Through all of this no red flags had come up for me. I wasn't worried. I thought this was just a waste of insurance and time. I arrived at 2:30 pm on Friday the 2nd for my mammogram. The technician set me up, felt my lump and assured me that it felt like a cyst. In my mind, I was thinking, "no shit." I just wanted to get out of the hospital in time for my season's first indoor soccer game. From the mammogram, I got moved over to the sonogram room. The sonogram was just like an ultrasound for a baby. Put the blue goo on the handheld "thingy" and look at the area on the screen. The technician hadn't been on my breast twenty seconds and she left the room. The next person to enter the room was the breast nurse navigator. (Yes, the best job title EVER, according to my husband). She asked if I could stay for an immediate biopsy. And shit got real. And I hit shock.
I arrived in the room for the biopsy with a medical resident, the sonographer from earlier (who held my hand the whole time) and the doctor (a wonderful man who is now a friend and someone with whom I have since appeared on radio and TV).
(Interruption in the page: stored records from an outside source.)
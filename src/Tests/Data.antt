-- ===== src/Tests/Data.antt =====
-- A small activity: natural numbers for scores, one unit of evidence, and a blueprint of one
-- dimension, one variant and one template.
use pruebas_personalizadas.Prelude.Common.{ℕ, ◌+◌, ◌-◌, ◌*◌, refl, none, some, [], ◌∷◌, false}
use pruebas_personalizadas.Prelude.Tests.{ltb, leb, nat_beq, nat_beq_iff}
use pruebas_personalizadas.Prelude.Floats.{Floats}
use pruebas_personalizadas.Contracts.Enums.{
  ContextMode, ArtifactRole, EvidenceModality, CognitiveOperation, AnchorStructure, ResponseFormat,
  DifficultyBand, StructuredJustificationMode,
}
use pruebas_personalizadas.Contracts.Locators.{SourceLocator}
use pruebas_personalizadas.Contracts.Evidence.{EvidenceUnit, EvidenceBundle}
use pruebas_personalizadas.Contracts.Blueprint.{
  AssessmentPlanningPolicy, AssessmentBlueprint, BlueprintDimension, EvidenceVariant,
  QuestionOpportunityTemplate,
}
use pruebas_personalizadas.Contracts.Planning.{
  EvidenceMapPatch, EvidenceVariantMatch, MappingStatus, QuestionOpportunity,
}

abbrev pub scores : Floats ℕ
scores = record {
  of_int = λ n. n;
  neg = λ n. 1000 - n;
  add = λ a b. a + b;
  sub = λ a b. a - b;
  mul = λ a b. a * b;
  div = λ a b. a - b;
  lt = ltb;
  le = leb;
  same = nat_beq;
  same_refl = λ n. (nat_beq_iff n n).1 refl;
}

abbrev pub locator : SourceLocator ℕ
locator = SourceLocator.document_path (some 1) [] none none none

abbrev pub unit_one : EvidenceUnit ℕ
unit_one = record {
  evidence_id = "ev_1";
  tenant_id = "ten_1";
  submission_id = some "sub_1";
  artifact_id = "art_1";
  source_role = ArtifactRole.submission;
  modality = EvidenceModality.paragraph;
  locator = locator;
  content_text = some "the queue keeps its order";
  structured_content = none;
  extraction_confidence = 9;
}

abbrev pub bundle : EvidenceBundle ℕ
bundle = record {
  bundle_id = "bun_1";
  tenant_id = "ten_1";
  activity_id = "act_1";
  submission_id = "sub_1";
  context_mode = ContextMode.closed;
  allowed_evidence_ids = "ev_1" ∷ [];
  evidence_units = unit_one ∷ [];
  course_passages = [];
}

abbrev pub template : QuestionOpportunityTemplate ℕ
template = record {
  opportunity_template_id = "tpl_1";
  cognitive_operation = CognitiveOperation.trace_flow;
  focus = "order";
  observable = "names the order";
  difficulty = DifficultyBand.medium;
  target_minutes = 5;
  allowed_anchor_structures = AnchorStructure.single_fragment ∷ [];
  allowed_response_formats = ResponseFormat.open_short ∷ [];
  verification_potential = 8;
  minimum_quality = 5;
  student_justification_required = false;
}

abbrev pub variant : EvidenceVariant ℕ
variant = record {
  variant_id = "var_1";
  name = "queue";
  description = "a queue in the code";
  evidence_requirement = record {
    allowed_modalities = EvidenceModality.paragraph ∷ [];
    min_distinct_units = 1;
    min_extraction_confidence = 5;
    min_alignment = 5;
    cross_artifact_required = false;
    course_sources_allowed = false;
  };
  verification_potential = 8;
  supported_operations =
      record {
        cognitive_operation = CognitiveOperation.trace_flow;
        support_strength = 8;
        rationale = "flow";
      }
      ∷ [];
  question_opportunities = template ∷ [];
}

abbrev pub dimension : BlueprintDimension ℕ
dimension = record {
  dimension_id = "dim_1";
  name = "ordering";
  criterion_ids = "cri_1" ∷ [];
  learning_outcome_ids = [];
  grading_weight = none;
  verification_priority = 7;
  evidence_variants = variant ∷ [];
}

abbrev pub blueprint : AssessmentBlueprint ℕ
blueprint = record {
  blueprint_id = "blu_1";
  blueprint_version = 1;
  activity_id = "act_1";
  dimensions = dimension ∷ [];
  assessment_constraints = record {
    question_count = 1;
    target_total_minutes = 10;
    allowed_response_formats = ResponseFormat.open_short ∷ [];
    minimum_opportunity_quality = 5;
    max_reserve_opportunities = 1;
    structured_justification_policy = record {
      mode = StructuredJustificationMode.not_required;
      selected_opportunity_template_ids = [];
    };
  };
}

abbrev pub policy : AssessmentPlanningPolicy ℕ
policy = record {
  policy_id = "pol_1";
  minimum_opportunity_quality = 5;
  minimum_evidence_fit = 5;
  activity_priority_weight = 1;
  evidence_fit_weight = 1;
  opportunity_quality_weight = 1;
  repeated_dimension_penalty = 1;
  repeated_variant_penalty = 1;
  evidence_overlap_penalty = 1;
  maximum_evidence_overlap = 1;
  max_reserve_opportunities = 1;
}

abbrev pub opportunity : QuestionOpportunity ℕ
opportunity = record {
  opportunity_id = "opp_1";
  opportunity_template_id = "tpl_1";
  submission_id = "sub_1";
  dimension_id = "dim_1";
  variant_id = "var_1";
  evidence_ids = "ev_1" ∷ [];
  cognitive_operation = CognitiveOperation.trace_flow;
  focus = "order";
  observable = "names the order";
  difficulty = DifficultyBand.medium;
  target_minutes = 5;
  allowed_anchor_structures = AnchorStructure.single_fragment ∷ [];
  allowed_response_formats = ResponseFormat.open_short ∷ [];
  activity_priority = 7;
  evidence_fit = 8;
  opportunity_quality = 8;
  student_justification_required = false;
}

abbrev pub variant_match : EvidenceVariantMatch ℕ
variant_match = record {
  dimension_id = "dim_1";
  variant_id = "var_1";
  evidence_ids = "ev_1" ∷ [];
  evidence_fit = 8;
  mapping_confidence = 9;
  justification = "the paragraph describes the queue";
}

abbrev pub mapping : EvidenceMapPatch ℕ
mapping = record {
  submission_id = "sub_1";
  status = MappingStatus.ready;
  claims = [];
  variant_matches = variant_match ∷ [];
  opportunities = opportunity ∷ [];
  diagnostics = [];
}
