-- ===== src/Tests/Calls.antt =====
-- The gateway at a concrete route and a concrete adapter, with numbers for costs.
use pruebas_personalizadas.Prelude.Common.{
  ℕ, zero, suc, ◌+◌, ◌≤◌, ◌≡◌, refl, ◌↔◌, String, some, List, [], ◌∷◌, true, false, ◌⊎◌,
}
use pruebas_personalizadas.Prelude.Result.{err, Result, ok, reject, ◌>>◌}
use pruebas_personalizadas.Tests.Data.{scores}
use pruebas_personalizadas.Gateway.Routes.{
  ReasoningEffort, InputModality, OutputModality, GatewayMode, ModelRoute, PromptSpec, Resolver,
  Demand, mock_route, route_of, resolve, matches_status, Resolution, ResolutionError,
}
use pruebas_personalizadas.Gateway.Approved.{IsAsked, IsApproved, resolve_iff}
use pruebas_personalizadas.Gateway.Attempts.{
  Reply, rate_limited, answered, CallLedger, GatewayError, create_retries, retry_limit, invoke,
  attempts, react,
}
use pruebas_personalizadas.Gateway.Governed.{
  is_retryable, all_retryable, ledgers_of, conclude, invoke-IsGoverned,
}

abbrev join : List String → String
join parts = "id"

abbrev spec : PromptSpec ℕ
spec = record {
  prompt_id = "P08";
  prompt_version = "1";
  system_prompt_id = "S08";
  task = "review";
  input_schema_name = "In";
  output_schema_name = "Out";
  reasoning_effort = ReasoningEffort.low;
  temperature = 0;
  max_output_tokens = 4000;
  max_transient_retries = 2;
}

abbrev offline : Resolver ℕ
offline = record { mode = GatewayMode.mock; real_routes = []; available_providers = [] }

abbrev mocked : ModelRoute ℕ
mocked = mock_route 10 "route_mock_p08" "deterministic-mock-p08" "PROMPT_POLICY_P08" spec

abbrev demand : Demand ℕ
demand = record {
  spec = spec;
  inputs = InputModality.text ∷ [];
  outputs = OutputModality.structured_json ∷ [];
  budget = record { max_cost_usd = 25; estimated_cost_usd = 3 };
  estimated_input_tokens = 900;
}

resolve_iff_example :
    ((IsAsked scores join demand
        × ((resolution : Resolution ℕ) × (resolve scores join mocked offline demand ≡ ok resolution)
            × (matches_status resolution ≡ true)))
      ⊎ ((¬ IsAsked scores join demand)
          × (resolve scores join mocked offline demand ≡ err ResolutionError.length_out_of_range)))
    × ((route : ModelRoute ℕ)
        → ((resolution : Resolution ℕ) × (resolve scores join mocked offline demand ≡ ok resolution)
            × (resolution.route ≡ some route))
          ↔ (IsAsked scores join demand
              × (route_of mocked demand.spec offline ≡ some route)
              × IsApproved scores join offline demand route))
resolve_iff_example = resolve_iff scores join mocked offline demand

-- A rate limit at the first attempt, and then an answer.
abbrev slow_start : ℕ → Reply ℕ
slow_start zero = rate_limited
slow_start (suc zero) = rate_limited
slow_start (suc (suc n)) = answered 7

abbrev accept : ℕ → ℕ → List CallLedger → Result GatewayError ℕ
accept answer attempt ledgers = ok answer

answer_test : invoke slow_start accept 2 ≡ ok 7
unfolding invoke attempts react
answer_test = refl

retries_test : create_retries 2 ≡ ok 2
unfolding create_retries reject ◌>>◌
retries_test = refl

invoke-IsGoverned_example :
    (n : ℕ) × (n ≤ 2)
    × (n ≤ retry_limit 2 1)
    × (all_retryable slow_start accept 1 n ≡ true)
    × ((is_retryable (slow_start (1 + n)) ≡ false) ⊎ (n ≡ retry_limit 2 1))
    × (invoke slow_start accept (retry_limit 2 1)
        ≡ conclude slow_start accept (1 + n) (ledgers_of slow_start accept 1 n []))
invoke-IsGoverned_example = invoke-IsGoverned slow_start accept 2 1 retries_test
At this point, I had been at the hospital so long that I had texted Dave to ask that he pick up the kids, and he was now home googling medical information and texting me questions to ask the doctor. Dave wanted me to ask the doc what a BI-RAD five score meant. I remember the physician stepping back, and clear as if it was yesterday, he said to me, "This is bad. Whatever it is, it needs to come out." And in ignorant shock I said, "Fine. Take it out. As long as it's not cancer."
It was November 6, 2012. Presidential election day. My daughter, Elin, her 3rd birthday. I stood in the mailroom of my place of business as colleagues moved in and out. And over the phone my nurse confirmed what I already knew. I had breast cancer.
The beginning. It's a very good place to start.